This article is the first part of a two-part series that continues the Big iron lessons series. This first part provides a historical background on the evolution of ciphers and encryption through World War II, when automated encryption systems began to emerge and usher in the era of digital encryption. The earliest digital encryption was pioneered with an IBM mainframe application known as Lucifer. Be sure to read the second part to learn more about the continuing evolution. Working with the simple encryption schemes and practicing cryptanalysis in this first part will help the serious architect understand and appreciate the challenges of encryption and cryptanalysis.
A brief history of cryptography
Natural language ciphers have existed for over 4,000 years, with the Egyptians being the first that we know of to engage in the practice. Not long after the first text was encrypted, the art of decrypting the cipher -- cryptanalysis -- emerged. Early ciphers used substitution to replace letters and eventually evolved to also include transpositions of characters as well as simple substitution. Many experts in the field of cryptography have argued that all good cryptographers are also good at cryptanalysis. The idea is that if you have experience with methods of attack and cracking codes, you probably have better ideas on how to construct codes that can't be cracked.

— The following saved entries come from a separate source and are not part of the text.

-- ===== src/SafeDrop/UnionFind/Compress.antt =====
-- The compression of `union_merge`: every value comes to point at its root.
use rapx_log.Prelude.{
  ℕ, zero, suc, ◌+◌, ◌≤◌, ◌<◌, ◌≡◌, refl, sym, subst, ◌∙◌, ◌≢◌, some, List, length, get_elem?, set,
  length-set, ok, arith, get_elem?-some, get_elem?-set_self, get_elem?-set_ne,
}
use native.Mathlib.Decide.{ℕ_discrete}
use rapx_log.SafeDrop.UnionFind.{compress}
use rapx_log.SafeDrop.UnionFind.Roots.{
  IsForest, Root, top, up, Root-self, Root-unique, Root-step, Root-le, union_find-Root,
}

-- A write of a smaller number keeps a forest.
pub IsForest-set : (a : List ℕ) (i v : ℕ) → IsForest a → i < length a → v ≤ i → IsForest (set a i v)
IsForest-set a i v forest h le = record { descends = descends }
  where
    descends : (j p : ℕ) → get_elem? (set a i v) j ≡ some p → p ≤ j
    descends j p e = elim (ℕ_discrete i j) [
      | yes same ↦ ground (arith, get_elem?-set_self a i v h)
      | no other ↦ ground (arith, get_elem?-set_ne a i j v other, forest.descends j p)
    ]

-- A value that points at the root of its set may as well be so in the vector.
pub Root-compress :
    (a : List ℕ) (m r : ℕ)
    → m < length a
    → Root a m r
    → {x s : ℕ} → Root a x s
    → Root (set a m r) x s
Root-compress a m r h w (top {x} e) = elim (ℕ_discrete m x) [
  | yes same ↦
      let eq : r ≡ x = Root-unique w (subst (λ k. Root a k x) (sym same) (top e)) in
      top (ground (arith, get_elem?-set_self a m r h))
  | no other ↦ top (get_elem?-set_ne a m x r other ∙ e)
]
Root-compress a m r h w (up {x} {p} {r = s} e n v) = elim (ℕ_discrete m x) [
  | yes same ↦
      let eq : r ≡ s = Root-unique w (subst (λ k. Root a k s) (sym same) (up e n v)) in
      let apart : m ≢ r = ground (arith, Root-self w) in
      let root : Root (set a m r) r r = top (get_elem?-set_ne a m r r apart ∙ Root-self w) in
      subst (λ k. Root (set a m r) k s) same
        (up (get_elem?-set_self a m r h) (λ q. apart (sym q))
          (subst (λ k. Root (set a m r) r k) eq root))
  | no other ↦ up (get_elem?-set_ne a m x r other ∙ e) n (Root-compress a m r h w v)
]

-- What a merge leaves: below index `k`, every value points at its root.
pub record Flat (a : List ℕ) (k : ℕ) : Type 0 where
  pub points : (i p : ℕ) → i < k → get_elem? a i ≡ some p → get_elem? a p ≡ some p

pub Flat-step :
    (a : List ℕ) (m r : ℕ) → m < length a → Root a m r → Flat a m → Flat (set a m r) (suc m)
Flat-step a m r h w flat = record { points = points }
  where
    root_kept : (q : ℕ) → get_elem? a q ≡ some q → get_elem? (set a m r) q ≡ some q
    root_kept q e = elim (ℕ_discrete m q) [
      | yes same ↦
          let eq : r ≡ q = Root-unique w (subst (λ k. Root a k q) (sym same) (top e)) in
          ground (arith, get_elem?-set_self a m r h)
      | no other ↦ get_elem?-set_ne a m q r other ∙ e
    ]

    points :
        (i p : ℕ) → i < suc m → get_elem? (set a m r) i ≡ some p → get_elem? (set a m r) p ≡ some p
    points i p lt e = elim (ℕ_discrete m i) [
      | yes same ↦
          let eq : r ≡ p = ground (arith, get_elem?-set_self a m r h) in
          subst (λ k. get_elem? (set a m r) k ≡ some k) eq (root_kept r (Root-self w))
      | no other ↦
          root_kept p (flat.points i p (omega arith) (sym (get_elem?-set_ne a m i r other) ∙ e))
    ]

pub record Compressed (a b : List ℕ) : Type 0 where
  pub size : length b ≡ length a
  pub forest : IsForest b
  pub flat : Flat b (length b)
  pub keeps : (x r : ℕ) → Root a x r → Root b x r

pub compress_lem :
    (left m : ℕ) (a : List ℕ)
    → IsForest a
    → m + left ≡ length a
    → Flat a m
    → (b : List ℕ) × (compress left m a ≡ ok b) × Compressed a b
unfolding compress
compress_lem zero m a forest total flat =
    let full : m ≡ length a = omega arith in
    (
      a,
      refl,
      record { size = refl; forest = forest; flat = subst (Flat a) full flat; keeps = λ x r w. w },
    )
compress_lem (suc left) m a forest total flat =
    let h : m < length a = omega arith in
    let (p, e) = get_elem?-some a m h in
    let below = forest.descends m p e in
    let (r, q, v) = union_find-Root a forest p (omega arith) in
    let w : Root a m r = Root-step a m p r e v in
    let le = Root-le a forest w in
    let (b, run, rest) =
      compress_lem left (m + 1) (set a m r) (IsForest-set a m r forest h le)
        (omega (arith, length-set a m r))
        (subst (Flat (set a m r)) (omega arith) (Flat-step a m r h w flat)) in
    (
      b,
      rw (e, q) run,
      record {
        size = rest.size ∙ length-set a m r;
        forest = rest.forest;
        flat = rest.flat;
        keeps = λ x s k. rest.keeps x s (Root-compress a m r h w k);
      },
    )
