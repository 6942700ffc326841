-- ===== src/SafeDrop/UnionFind/Merge.antt =====
-- `union_merge` joins two sets and no others, and leaves every value pointing at its root.
use rapx_log.Prelude.{
  ℕ, ◌<◌, ◌≡◌, refl, sym, subst, ◌∙◌, ◌≢◌, ◌⊎◌, inl, inr, ◌↔◌, ◌==◌, ==_iff, true, if◌then◌else◌,
  Bool-cases, some, List, length, get_elem?, set, length-set, ok, arith, lt_of_get_elem,
  get_elem?-set_self, get_elem?-set_ne,
}
use Prim.Native.Nat.{min, max}
use native.Mathlib.Decide.{dec_lt}
use mathlib.Core.Path.{ap, ap₂}
use rapx_log.SafeDrop.UnionFind.{link, union_merge, union_is_same}
use rapx_log.SafeDrop.UnionFind.Roots.{
  IsForest, Root, top, up, Root-self, Root-unique, Root-lt, union_find-Root, union_is_same-Root,
}
use rapx_log.SafeDrop.UnionFind.Compress.{IsForest-set, Flat, compress_lem}

-- The root of a value after the sets of the roots `f1` and `f2` are joined: the smaller of the two
-- in place of the greater.
abbrev pub joined : ℕ → ℕ → ℕ → ℕ
joined f1 f2 r = if r == max f1 f2 then min f1 f2 else r

module _ (a : List ℕ) (lo hi : ℕ) (below : lo < hi) (low : get_elem? a lo ≡ some lo)
    (high : get_elem? a hi ≡ some hi) where
  Root-set : {x r : ℕ} → Root a x r → Root (set a hi lo) x (if r == hi then lo else r)
  Root-set (top {x} e) = elim (Bool-cases (x == hi)) [
    | inl same ↦ rw same (
        up
          (subst (λ k. get_elem? (set a hi lo) k ≡ some lo) (sym ((==_iff x hi).0 same))
            (get_elem?-set_self a hi lo (lt_of_get_elem a hi high)))
          (ground arith) (top (get_elem?-set_ne a hi lo lo (omega arith) ∙ low)))
    | inr other ↦ rw other (top (get_elem?-set_ne a hi x lo (ground arith) ∙ e))
  ]
  Root-set (up {x} {p} e n w) =
      let apart : hi ≢ x = ground arith in up (get_elem?-set_ne a hi x lo apart ∙ e) n (Root-set w)

-- What a call of `union_merge` comes to.
pub record Merges (a : List ℕ) (e1 e2 : ℕ) (b : List ℕ) : Type 0 where
  pub size : length b ≡ length a
  pub forest : IsForest b
  pub flat : Flat b (length b)
  pub roots : (f1 f2 x r : ℕ) → Root a e1 f1 → Root a e2 f2 → Root a x r → Root b x (joined f1 f2 r)

-- What the assignments of `union_merge` to the two roots come to.
record Linked (a : List ℕ) (f1 f2 : ℕ) (l : List ℕ) : Type 0 where
  size : length l ≡ length a
  forest : IsForest l
  roots : (x r : ℕ) → Root a x r → Root l x (joined f1 f2 r)

module _ (a : List ℕ) (f1 f2 : ℕ) (forest : IsForest a) (s1 : get_elem? a f1 ≡ some f1)
    (s2 : get_elem? a f2 ≡ some f2) where
  link-lt : f1 < f2 → Linked a f1 f2 (link a f1 f2)
  unfolding link
  link-lt lt =
      let e : link a f1 f2 ≡ set a f2 f1 = ground arith in
      subst (Linked a f1 f2) (sym e) (record {
        size = length-set a f2 f1;
        forest = IsForest-set a f2 f1 forest (lt_of_get_elem a f2 s2) (omega arith);
        roots = λ x r w. subst (Root (set a f2 f1) x) (ground arith) (Root-set a f1 f2 lt s1 s2 w);
      })

  link-gt : f2 < f1 → Linked a f1 f2 (link a f1 f2)
  unfolding link
  link-gt gt =
      let e : link a f1 f2 ≡ set a f1 f2 = ground arith in
      subst (Linked a f1 f2) (sym e) (record {
        size = length-set a f1 f2;
        forest = IsForest-set a f1 f2 forest (lt_of_get_elem a f1 s1) (omega arith);
        roots = λ x r w. subst (Root (set a f1 f2) x) (ground arith) (Root-set a f2 f1 gt s2 s1 w);
      })

  link-eq : f1 ≡ f2 → Linked a f1 f2 (link a f1 f2)
  unfolding link
  link-eq eq =
      let e : link a f1 f2 ≡ a = ground arith in
      subst (Linked a f1 f2) (sym e) (record {
        size = refl;
        forest = forest;
        roots = λ x r w. subst (Root a x) (ground arith) w;
      })

  link_lem : Linked a f1 f2 (link a f1 f2)
  link_lem = elim (dec_lt f1 f2) [
    | yes lt ↦ link-lt lt
    | no ge ↦ elim (dec_lt f2 f1) [ yes gt ↦ link-gt gt | no le ↦ link-eq (omega arith) ]
  ]

-- On a forest, `union_merge` of two values in range returns. The result is a forest of the same
-- size in which every value points at its root, and exactly the sets of the two values are joined:
-- whoever had the greater of their roots now has the smaller, and every other value keeps its root.
pub union_merge-Merges :
    (a : List ℕ) (e1 e2 : ℕ)
    → IsForest a
    → e1 < length a
    → e2 < length a
    → (b : List ℕ) × (union_merge a e1 e2 ≡ ok b) × Merges a e1 e2 b
unfolding union_merge
union_merge-Merges a e1 e2 forest h1 h2 =
    let (f1, q1, w1) = union_find-Root a forest e1 h1 in
    let (f2, q2, w2) = union_find-Root a forest e2 h2 in
    let l = link_lem a f1 f2 forest (Root-self w1) (Root-self w2) in
    let (b, run, c) =
      compress_lem (length a) 0 (link a f1 f2) l.forest (omega (arith, l.size))
        (none_yet (link a f1 f2)) in
    (
      b,
      rw (q1, q2) run,
      record {
        size = c.size ∙ l.size;
        forest = c.forest;
        flat = c.flat;
        roots = λ g1 g2 x r v1 v2 w.
            let same1 : f1 ≡ g1 = Root-unique w1 v1 in
            let same2 : f2 ≡ g2 = Root-unique w2 v2 in
            subst (Root b x) (ap₂ (λ j k. joined j k r) same1 same2)
              (c.keeps x (joined f1 f2 r) (l.roots x r w));
      },
    )
  where
    none_yet : (l : List ℕ) → Flat l 0
    none_yet l = record { points = λ i p h e. elim h [ ] }

joined_iff :
    (f1 f2 r s : ℕ)
    → (joined f1 f2 r ≡ joined f1 f2 s) ↔ ((r ≡ s) ⊎ ((r ≡ f1) ⊎ (r ≡ f2)) × ((s ≡ f1) ⊎ (s ≡ f2)))
joined_iff f1 f2 r s = (ground arith, ground arith)

-- After `union_merge` of two values in range of a forest, `union_is_same` holds of exactly the
-- pairs that had one root before and the pairs of which both had a root of one of the two merged
-- values.
pub union_is_same-merge :
    (a b : List ℕ) (e1 e2 x y f1 f2 r s : ℕ)
    → IsForest a
    → union_merge a e1 e2 ≡ ok b
    → Root a e1 f1
    → Root a e2 f2
    → Root a x r
    → Root a y s
    → (union_is_same b x y ≡ ok true) ↔ ((r ≡ s) ⊎ ((r ≡ f1) ⊎ (r ≡ f2)) × ((s ≡ f1) ⊎ (s ≡ f2)))
union_is_same-merge a b e1 e2 x y f1 f2 r s forest run w1 w2 wx wy =
    let (b', run', m') = union_merge-Merges a e1 e2 forest (Root-lt a w1) (Root-lt a w2) in
    let same : b' ≡ b = ground arith in
    let m : Merges a e1 e2 b = subst (Merges a e1 e2) same m' in
    let rx = m.roots f1 f2 x r w1 w2 wx in
    let ry = m.roots f1 f2 y s w1 w2 wy in
    let (t, e, iff) = union_is_same-Root b m.forest x y (Root-lt b rx) (Root-lt b ry) in
    (
      λ h.
          (joined_iff f1 f2 r s).0
            (let (k, v, w) = iff.0 (ground arith) in Root-unique rx v ∙ Root-unique w ry),
      λ h.
          e
          ∙ ap ok
              (iff.1 (joined f1 f2 r, rx, subst (Root b y) (sym ((joined_iff f1 f2 r s).1 h)) ry)),
    )
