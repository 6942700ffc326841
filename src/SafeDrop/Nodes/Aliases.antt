-- ===== src/SafeDrop/Nodes/Aliases.antt =====
-- `merge_alias` on a sound graph: no panic, and a sound graph behind it.
use rapx_log.Prelude.{
  ℕ, zero, suc, ◌≤◌, ◌<◌, ◌≡◌, refl, ◌∙◌, false, ◌||◌, ltb, List, [], ◌∷◌, length, get_elem?-some,
  Outcome, ok, stuck, arith,
}
use mathlib.Core.List.{Memᴰ}
use rapx_log.SafeDrop.UnionFind.Merge.{union_merge-Merges}
use rapx_log.SafeDrop.State.{SafeDropGraph, M, and_then, value_at, pure, ◌>>=◌, for_each}
use rapx_log.SafeDrop.Nodes.{copied_node, merge_field, merge_alias}
use rapx_log.SafeDrop.Nodes.Projection.{IsSound, field_or_new-Finds}

-- The run does not panic: it is cut off by the fuel, or it returns and leaves a sound graph with at
-- least the nodes it had.
pub data Safe (g : SafeDropGraph) (run : Outcome (Unit {0} × SafeDropGraph)) : Type 0 where
  out_of_fuel : run ≡ stuck → Safe g run
  returns :
      (h : SafeDropGraph)
      → run ≡ ok (tt, h)
      → IsSound h
      → length g.values ≤ length h.values
      → Safe g run

-- One part after another.
pub and_then-Safe :
    (g : SafeDropGraph) (run : Outcome (Unit {0} × SafeDropGraph)) (next : M (Unit {0}))
    → Safe g run
    → ((h : SafeDropGraph) → IsSound h → length g.values ≤ length h.values → Safe h (next h))
    → Safe g (and_then run (λ _. next))
and_then-Safe g run next (out_of_fuel e) rest = out_of_fuel (rw e)
and_then-Safe g run next (returns h e sound grows) rest = elim (rest h sound grows) [
  | out_of_fuel f ↦ out_of_fuel (rw e f)
  | returns k f sound' grows' ↦ returns k (rw e f) sound' (omega (arith, grows, grows'))
]

-- A loop over fields that are nodes.
pub for_each-Safe :
    (f : ℕ × ℕ → M (Unit {0})) (n : ℕ)
    → ((x : ℕ × ℕ) (k : SafeDropGraph) → IsSound k → n ≤ length k.values → x.1 < n → Safe k (f x k))
    → (xs : List (ℕ × ℕ)) (g : SafeDropGraph) → IsSound g
    → n ≤ length g.values
    → ((x : ℕ × ℕ) → Memᴰ x xs → x.1 < n)
    → Safe g (for_each f xs g)
unfolding for_each
for_each-Safe f n each [] g sound le inside = returns g refl sound (omega arith)
for_each-Safe f n each (x ∷ xs) g sound le inside =
    and_then-Safe g (f x g) (for_each f xs) (each x g sound le (inside x (Memᴰ.head refl)))
      (λ h sound' grows.
        for_each-Safe f n each xs h sound' (omega arith) (λ y mem. inside y (Memᴰ.tail mem)))

merge_field-Safe :
    (rec : ℕ → ℕ → M (Unit {0})) (lv idx right : ℕ) (g : SafeDropGraph)
    → ((a b : ℕ) (k : SafeDropGraph)
        → IsSound k
        → a < length k.values
        → b < length k.values
        → Safe k (rec a b k))
    → IsSound g
    → lv < length g.values
    → right < length g.values
    → Safe g (merge_field rec lv (idx, right) g)
unfolding merge_field
merge_field-Safe rec lv idx right g each sound lt_l lt_r =
    let (l, el) = get_elem?-some g.values lv lt_l in
    let (r, er) = get_elem?-some g.values right lt_r in
    let new_id = length g.values in
    let f =
      field_or_new-Finds g lv idx (length g.alias_set) l (copied_node new_id l r idx)
        (value_at right >>= λ r. pure (copied_node new_id l r idx)) sound el (rw er) refl refl
        refl in
    elim (each f.node right f.after f.sound f.inside (omega (arith, f.grows))) [
      | out_of_fuel e ↦ out_of_fuel (rw (el, f.returns) e)
      | returns h e sound' grows ↦
          returns h (rw (el, f.returns) e) sound' (omega (arith, f.grows, grows))
    ]

-- On a sound graph `merge_alias` of two nodes does not panic, however the fields of the two hang
-- together: unless the fuel cuts it off, it returns and leaves a sound graph.
pub merge_alias-Safe :
    (fuel lv rv : ℕ) (g : SafeDropGraph)
    → IsSound g
    → lv < length g.values
    → rv < length g.values
    → Safe g (merge_alias fuel lv rv g)
unfolding merge_alias
merge_alias-Safe zero lv rv g sound lt_l lt_r = out_of_fuel refl
merge_alias-Safe (suc fuel) lv rv g sound lt_l lt_r =
    let (b, run, m) =
      union_merge-Merges g.alias_set lv rv sound.walk.forest (omega (arith, sound.walk.size))
        (omega (arith, sound.walk.size)) in
    let (v, e) = get_elem?-some g.values rv lt_r in
    let g' : SafeDropGraph = record g { alias_set = b } in
    let sound' : IsSound g' = record {
      walk = record {
        size = m.size ∙ sound.walk.size;
        forest = m.forest;
        fields = sound.walk.fields;
      };
      dead_size = sound.dead_size;
    } in
    let inside : (ltb (length g.values) lv || ltb (length g.values) rv) ≡ false = ground arith in
    elim (for_each-Safe (merge_field (merge_alias fuel) lv) (length g.values)
      (λ x k s le lt.
        merge_field-Safe (merge_alias fuel) lv x.0 x.1 k (merge_alias-Safe fuel) s (omega arith)
          (omega arith))
      v.fields g' sound' (omega arith) (λ x mem. sound.walk.fields rv v x e mem)) [
        | out_of_fuel f ↦ out_of_fuel (rw (inside, run, e) f)
        | returns h f s grows ↦ returns h (rw (inside, run, e) f) s grows
      ]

Radio communications that could be intercepted and the widespread battlefields of World War II brought about electronic eavesdropping and cryptography as a defensive measure to protect critical battlefield communications. The Enigma cryptography machine is the most famous part of this story, and the episode led to fame for Alan Turing, one of the key cryptanalysts who helped crack the Enigma code. Enigma used a series of rotors providing automated substitution and transposition of a series of input characters. (While Turing's work in Britain deciphering Enigma helped bring him fame, many historians also note that much of the work was done by early cryptanalysis in Poland. The Polish were able to capture an Enigma machine, which was also very critical to the code-breaking task. See Resources for Tony Sale's account and this part of the story.)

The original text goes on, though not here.